Tout en marchant, la jeune fille s’est rapprochée du port qu’un rayon de soleil, déchirant les nuages noirs, illumine tout à coup. Elle revoit la rive, telle qu’elle l’avait laissée jadis ; et en contemplant ce tableau, si parfaitement conforme à ses clairs souvenirs d’enfant, une joie passagère la fait sourire. Elle resterait là plus longtemps sans doute, si elle avait le cœur satisfait ; mais l’anxiété et l’abandon où elle se trouve torturent trop cette âme, pour qu’elle puisse jouir du moindre bonheur.

Laissant le port, elle remonte vers l’église où petite fille elle aimait à accompagner sa grand’mère aux offices.

Une déception l’y attend encore. Cette église, vieille construction peu solide, vient d’être fermée, et sur les murs, entourés de palissades en planches pour l’isoler de la rue, se lit l’arrêté préfectoral qui la désaffecte.

Ainsi, plus rien ! rien pour la consoler, pour lui donner espoir. Et dans cette vieille ville qui n’e pas changé d’aspect, où chaque chose semble être à la même place, la pauvre enfant s’y trouve étrangère ; car tout lui paraît bouleversé ou anéanti.

Maintenant découragée, elle va devant elle sans but, sans décision, l’âme troublée par la déconvenue.

Dans un quartier de belle apparence, mais très solitaire qu’elle traverse, elle aperçoit soudain, sous le portail d’une riche demeure, une énorme charretée de bois autour de laquelle un mouvement, un va-et-vient, un bruit de ferrailles, de scies, un murmure de voix attirent vaguement son attention. Une colonie de négrillons aux gestes menus et agités, s’occupent à fendre, scier, ranger et rentrer cette grosse provision d’hiver.

Inconsciemment Liette s’arrête et les regarde ; puis, tont à coup un souvenir du temps passé lui revient à la mémoire.

Ce petit homme, la jambe en l’air sur son chevalet, qui se démène pour scier vivement le bois qu’on lui apporte, lui rappelle un épisode de sa vie d’autrefois. Cette voix aiguë, qui commande sans réplique, ne l’a-t-elle pas entendue jadis ?

Non, elle ne se trompe pas ; ce petit vieux nègre est bien le scieur de bois, son ancien protégé qu’on appelait Mulot.

Mulot, au milieu de ses enfants, n’a guère changé, lui ; son labeur quotidien apportant, chaque soir, son énorme rasade de soupe à son robuste estomac, doit avoir entretenu la santé et l’énergie nerveuse et volontaire dans ce corps tordu et sec comme une branche de sarment, mais encore si souple et si agile ! Son épaisse toison laineuse, toute grise à cette heure, abrite toujours sa frimousse ratatinée de macaque. Quatre ou cinq enfants, braves gamins de douze à dix-sept ans, aussi hauts et aussi blancs que leur père, font maintenant la besogne fatigante, laissant comme jadis à Mulot l’honneur de commander.

Avec l’aide de cette brave petite familie Liette va pouvoir s’enquérir. Ne connaissent-ils pas toute la ville ?

Elle s’approche du nègre, lui demande, cependant craintive et hésitante, où habite actuellement Mme Baude.
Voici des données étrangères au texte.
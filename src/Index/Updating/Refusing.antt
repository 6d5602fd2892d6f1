-- ===== src/Index/Updating/Refusing.antt =====
-- A file whose name normalizeRelative refuses: a full build lists it, Store.Reconcile cannot.
use lctk.Prelude.{
  ℕ, ◌≡◌, ◌≢◌, refl, subst, inl, inr, Bool-cases, true, false, Option-cases, none, some, List, [],
  ◌∷◌, Text, text_eq, text_eq_iff, if_cases, lookup, length, ◌==◌, arith,
}
use lctk.Inventory.Scope.{normalize_relative}
use lctk.Index.{
  Limits, State, Change, Code, Result, ok, err, invalid_pattern, index_corrupt, schema_version,
  digest_at, touches_ignore_rules,
}
use lctk.Index.Batch.{Workspace, Batch, new_batch, apply_named, apply_changes}
use lctk.Index.Building.{
  Run, Engine, Index, Store, Generation, BuildPlan, points, decoded, stage, commit, commit_staged,
  built_state, build, resolve_current, resolve_link, read_generation, read_state,
}
use lctk.Index.Updating.{
  InventoryResult, nothing_applied, take_inventory, apply_batch, update_published, update_resolved,
  update, reconcile_with, reconcile_resolved, reconcile, differences, rebuild_from, rebuild,
  rebuild_plan, next_generation, generation_of,
}
use lctk.Index.Updating.Outcomes.{take_inventory-HasKeys}
use lctk.Index.Updating.Differences.{find_change, find_change-differences}

module _ (digest_of : Text → Text) (max_bytes : ℕ) (w : Workspace) (k : Text) where
  -- One refused name refuses the batch.
  apply_changes-refused :
      (cs : List Change) (b : Batch)
      → find_change k cs ≢ none
      → normalize_relative k ≡ none
      → apply_changes digest_of max_bytes w cs b ≡ err invalid_pattern
  unfolding apply_changes find_change
  apply_changes-refused [] b found h = absurd (found refl)
  apply_changes-refused (c ∷ cs) b found h = elim (Bool-cases (text_eq c.path k)) [
    | inl same ↦ let e : c.path ≡ k = (text_eq_iff c.path k).0 same in ground (arith, e, h)
    | inr other ↦ elim (Option-cases (normalize_relative c.path)) [
      | inl refused ↦ ground (arith, refused)
      | inr (name, n) ↦ ground (
        arith,
        n,
        apply_changes-refused cs (apply_named digest_of max_bytes w name c b) (rw other at found) h,
      )
    ]
  ]

module _ (E : Engine) (digest_of : Text → Text) (limits : Limits) (r : Run E.Shards) (w : Workspace)
    (n : ℕ) (s : State) (i : InventoryResult) (k d : Text) where
  found_length : (cs : List Change) → find_change k cs ≢ none → (length cs == 0) ≡ false
  unfolding find_change
  found_length [] found = absurd (found refl)
  found_length (c ∷ cs) found = ground arith

  found_difference :
      take_inventory digest_of w limits.max_file_bytes ≡ ok i
      → lookup k i.files ≡ some d
      → digest_at k s.files ≢ d
      → find_change k (differences s.files i.files) ≢ none
  found_difference taken listed stale e =
      let keys = take_inventory-HasKeys digest_of w limits.max_file_bytes i taken in
      let found = find_change-differences k s.files i.files keys in
      elim (Bool-cases (text_eq (digest_at k s.files) d)) [
        | inl same ↦ stale ((text_eq_iff (digest_at k s.files) d).0 same)
        | inr other ↦ absurd (ground (arith, found, e, listed, other))
      ]

  update_published-refused :
      (cs : List Change) (st : Index E)
      → w.opens ≡ true
      → find_change k cs ≢ none
      → normalize_relative k ≡ none
      → touches_ignore_rules cs ≡ false
      → update_published E digest_of limits r w n s cs st
        ≡ (err invalid_pattern, nothing_applied, st)
  unfolding update_published apply_batch find_change
  update_published-refused [] st opens found h calm = absurd (found refl)
  update_published-refused (c ∷ cs) st opens found h calm =
      let refused =
        apply_changes-refused digest_of limits.max_file_bytes w k (c ∷ cs) (new_batch s.files) found
          h in
      rw (calm, refused) (ground (arith, opens))

  -- Let a state be published, the workspace open, the inventory be taken without an error, and no
  -- difference between them name an ignore file. If the inventory lists a file with another
  -- digest than the state has and normalizeRelative refuses its name, then Reconcile returns
  -- INVALID_PATTERN with nothing applied and leaves the store as it is.
  pub reconcile_refused :
      (st : Index E)
      → w.opens ≡ true
      → resolve_current st ≡ ok (n, s)
      → take_inventory digest_of w limits.max_file_bytes ≡ ok i
      → lookup k i.files ≡ some d
      → digest_at k s.files ≢ d
      → normalize_relative k ≡ none
      → touches_ignore_rules (differences s.files i.files) ≡ false
      → reconcile E digest_of limits r w st ≡ (err invalid_pattern, nothing_applied, st)
  unfolding reconcile reconcile_resolved reconcile_with update update_resolved
  reconcile_refused st opens h taken listed stale refused calm =
      let found = found_difference taken listed stale in
      let updated =
        update_published-refused (differences s.files i.files) st opens found refused calm in
      let some_change : (length (differences s.files i.files) == 0) ≡ false =
        found_length (differences s.files i.files) found in
      rw (h, taken, some_change, h) updated

-- The number of a state that a success returns.
abbrev pub Numbered : {Sh : Type 0} → ℕ → Result State × Store Sh → Type 0
Numbered n (ok s, st) = s.generation ≡ n
Numbered n (err e, st) = Unit {0}

module _ (E : Engine) (digest_of : Text → Text) (limits : Limits) (r : Run E.Shards)
    (w : Workspace) where
  commit_staged-Numbered :
      (p : BuildPlan) (g : Result (Generation E.Shards)) (st : Index E)
      → Numbered p.generation (commit_staged E limits r p g st)
  unfolding commit_staged commit built_state
  commit_staged-Numbered p (err e) st = tt
  commit_staged-Numbered p (ok g) st =
      if_cases (Numbered p.generation) r.target_kept _ _ (λ _. tt)
        λ _.
          if_cases (Numbered p.generation) r.not_renamed _ _ (λ _. tt)
            λ _. if_cases (Numbered p.generation) r.not_published _ _ (λ _. tt) λ _. refl

  build-Numbered : (p : BuildPlan) (st : Index E) → Numbered p.generation (build E limits r p st)
  unfolding build
  build-Numbered p st = commit_staged-Numbered p (stage E limits r p st) st

  first_number :
      (st : Index E) (e : Code)
      → resolve_current st ≡ err e
      → (i : InventoryResult) → (rebuild_plan (generation_of (resolve_current st)) i).generation ≡ 1
  unfolding rebuild_plan generation_of next_generation
  first_number st e h i = rw h refl

  rebuild_from-Numbered :
      (i : Result InventoryResult) (st : Index E) (e : Code)
      → resolve_current st ≡ err e
      → Numbered 1 (rebuild_from E digest_of limits r w i st)
  unfolding rebuild_from
  rebuild_from-Numbered (err c) st e h = tt
  rebuild_from-Numbered (ok i) st e h =
      let p = rebuild_plan (generation_of (resolve_current st)) i in
      let first : p.generation ≡ 1 = first_number st e h i in
      subst (λ n. Numbered n (build E limits r p st)) first (build-Numbered p st)

  corrupt_state :
      (st : Index E) (n : ℕ) (g : Generation E.Shards) (s : State)
      → st.current ≡ points n
      → st.generations n ≡ some g
      → g.state ≡ decoded s
      → s.schema_version ≢ schema_version
      → resolve_current st ≡ err index_corrupt
  unfolding resolve_current resolve_link read_generation read_state
  corrupt_state st n g s link held read other = ground arith

  -- If the published generation was written with another schema version, Update with any batch
  -- and Reconcile return INDEX_CORRUPT with nothing applied and leave the store as it is, and a
  -- Rebuild that succeeds returns a state with the number one.
  pub other_schema :
      (st : Index E) (cs : List Change) (n : ℕ) (g : Generation E.Shards) (s : State)
      → st.current ≡ points n
      → st.generations n ≡ some g
      → g.state ≡ decoded s
      → s.schema_version ≢ schema_version
      → (update E digest_of limits r w cs st ≡ (err index_corrupt, nothing_applied, st))
        × (reconcile E digest_of limits r w st ≡ (err index_corrupt, nothing_applied, st))
        × Numbered 1 (rebuild E digest_of limits r w st)
  unfolding update update_resolved reconcile reconcile_resolved rebuild
  other_schema st cs n g s link held read other =
      let corrupt : resolve_current st ≡ err index_corrupt =
        corrupt_state st n g s link held read other in
      (
        rw corrupt refl,
        rw corrupt refl,
        rebuild_from-Numbered (take_inventory digest_of w limits.max_file_bytes) st index_corrupt
            corrupt,
      )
Le scieur de bois la regarde, puis, sans lui répondre, appelle un de ses enfants :

« Dis donc, Jujules, c’est-y pas toi qui serait été l’hiver dernier à Laleu ranger le bois du commandant Delfossy ?

— Oui, papa.

— Eh bien ! réponds à c’t’dame qui demande ousqu’habite maintenant Mme Baude. »
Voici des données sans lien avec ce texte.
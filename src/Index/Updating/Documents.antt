-- ===== src/Index/Updating/Documents.antt =====
-- The documents that a build over shards hands to the engine, and what the code relies on of it.
use lctk.Prelude.{
  map, ◌+◌, ◌<◌, ◌≡◌, refl, sym, inl, inr, Bool-cases, true, ◌||◌, some, List, [], ◌∷◌, ◌++◌,
  replicate, Text, text_eq, text_eq_iff, subst, if◌then◌else◌, arith,
}
use lctk.Ignore.{contains}
use lctk.Index.{
  Limits, ok, Reading, bytes, missing, unreadable, first_step_ok, unless, context_error,
}
use lctk.Index.Batch.Tracking.{occurrences}
use lctk.Index.Building.{Run, Engine, insert_name, sort_names, read_answer, read_files}

-- The contents of the files of a name.
unfoldable pub matching : Text → List (Text × Text) → List Text
matching k [] = []
matching k ((n, content) ∷ ds) =
    let rest = matching k ds in if text_eq n k then content ∷ rest else rest

-- What the code relies on: an index that starts empty holds no document, and a build keeps the documents
-- of the shards it starts from but those of the retracted names, and adds one for each file it is given.
-- What the engine stores for a content is its own affair: it puts a marker in the place of a content
-- that it does not index, such as one that is too short or binary.
pub record IsEngine (E : Engine) (Document : Type 0) (stored : Text → Document)
    (documents : E.Shards → Text → List Document) : Type 0 where
  pub no_documents : (k : Text) → documents E.no_shards k ≡ []
  pub documents-index_files :
      (base built : E.Shards) (retracted : List Text) (files : List (Text × Text)) (k : Text)
      → E.index_files base retracted files ≡ some built
      → documents built k
        ≡ (if contains k retracted then [] else documents base k) ++ map stored (matching k files)

occurrences-insert_name :
    (k n : Text) (ns : List Text)
    → occurrences k (insert_name n ns) ≡ (if text_eq n k then 1 else 0) + occurrences k ns
unfolding occurrences insert_name
occurrences-insert_name k n [] = ground arith
occurrences-insert_name k n (m ∷ ns) = ground (arith, occurrences-insert_name k n ns)

pub occurrences-sort_names :
    (k : Text) (ns : List Text) → occurrences k (sort_names ns) ≡ occurrences k ns
unfolding occurrences sort_names
occurrences-sort_names k [] = refl
occurrences-sort_names k (n ∷ ns) =
    ground (arith, occurrences-insert_name k n (sort_names ns), occurrences-sort_names k ns)

contains-insert_name :
    (k n : Text) (ns : List Text) → contains k (insert_name n ns) ≡ (text_eq n k || contains k ns)
unfolding contains insert_name
contains-insert_name k n [] = ground arith
contains-insert_name k n (m ∷ ns) = ground (arith, contains-insert_name k n ns)

pub contains-sort_names : (k : Text) (ns : List Text) → contains k (sort_names ns) ≡ contains k ns
unfolding contains sort_names
contains-sort_names k [] = refl
contains-sort_names k (n ∷ ns) =
    ground (arith, contains-insert_name k n (sort_names ns), contains-sort_names k ns)

pub occurrences-contained :
    (k : Text) (ns : List Text) → contains k ns ≡ true → 0 < occurrences k ns
unfolding contains occurrences
occurrences-contained k [] h = absurd (cc)
occurrences-contained k (n ∷ ns) h = ground (arith, occurrences-contained k ns)

module _ (E : Engine) (limits : Limits) (r : Run E.Shards) (k : Text) where
  matching-read_answer :
      (n : Text) (reading : Reading) (document : List (Text × Text)) (content : Text)
      → read_answer n reading ≡ ok document
      → (text_eq n k ≡ true → reading ≡ bytes content)
      → matching k document ≡ (if text_eq n k then content ∷ [] else [])
  unfolding matching read_answer
  matching-read_answer n (bytes c) document content h same =
      let e : (n, c) ∷ [] ≡ document = cc in
      rw (← e) (elim (Bool-cases (text_eq n k)) [
        | inl match ↦ ground (arith, match, same match)
        | inr other ↦ ground (arith, other)
      ])
  matching-read_answer n missing document content h same =
      let e : [] ≡ document = cc in
      rw (← e) (elim (Bool-cases (text_eq n k)) [
        | inl match ↦ absurd (ground (arith, same match))
        | inr other ↦ ground (arith, other)
      ])
  matching-read_answer n unreadable document content h same = cc

  matching-append :
      (ds es : List (Text × Text)) → matching k (ds ++ es) ≡ matching k ds ++ matching k es
  unfolding matching
  matching-append [] es = refl
  matching-append ((n, c) ∷ ds) es = ground (arith, matching-append ds es)

  -- A name that is read once for each time it is listed.
  pub matching-read_files :
      (names : List Text) (documents : List (Text × Text)) (content : Text)
      → read_files E limits r names ≡ ok documents
      → (contains k names ≡ true → r.workspace.content k ≡ bytes content)
      → matching k documents ≡ replicate (occurrences k names) content
  unfolding read_files occurrences contains matching
  matching-read_files [] documents content h same = let e : [] ≡ documents = cc in rw (← e) refl
  matching-read_files (n ∷ names) documents content h same =
      let (_, _, read) = first_step_ok (unless (r.cancelled_at n) context_error) _ h in
      let (document, one, others) = first_step_ok (read_answer n (r.workspace.content n)) _ read in
      let (rest, later, joined) = first_step_ok (read_files E limits r names) _ others in
      let e : document ++ rest ≡ documents = cc in
      let here =
        matching-read_answer n (r.workspace.content n) document content one
          (λ (found : text_eq n k ≡ true).
            subst (λ t. r.workspace.content t ≡ bytes content) (sym ((text_eq_iff n k).0 found))
              (same (ground (arith, found)))) in
      let there =
        matching-read_files names rest content later
          (λ (listed : contains k names ≡ true). same (ground (arith, listed))) in
      rw (← e) (ground (arith, matching-append document rest, here, there))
Il ajouta, en hochant la tête et en s’adressant à Liette :

« Y-zont pas eu de chance les pauvres gens depuis leur grand malheur, vous savez ?… la disparition de leur pauvre petite. Le grand-père est mort de chagrin et la malheureuse dame traîne sa vie de tristesse tantôt ici, tantôt là, chez son gendre à Rochefort ou chez son père à moitié toc-toc. Voyons, Jujules, parles-z-y à c’t’dame, si tu sais ? »

Jujules, un garçon de dix-sept ans, auquel pour la taille on en aurait bien donné quatorze, répondit :

« L’an dernier, à cette époque, Mme Baude était chez son père. Elle y vient de temps en temps, rapport au vieux qui est, vous savez ? (et il se frappait le front). Mme Rivault, se sœur et elle, habitent l’une après l’autre avec lui. Mais je peux pas vous dire si c’est à présent le tour de Mme Baude, vu que j’ai pas encore été à Laleu cette année.

— Merci, grand merci » jeta la jeune fille en s’enfuyant.

Elle se dirigea vers la porte Neuve, se demandant comment le souvenir des habitants de Laleu ne s’était pas réveillé plus tôt dans sa mémoire.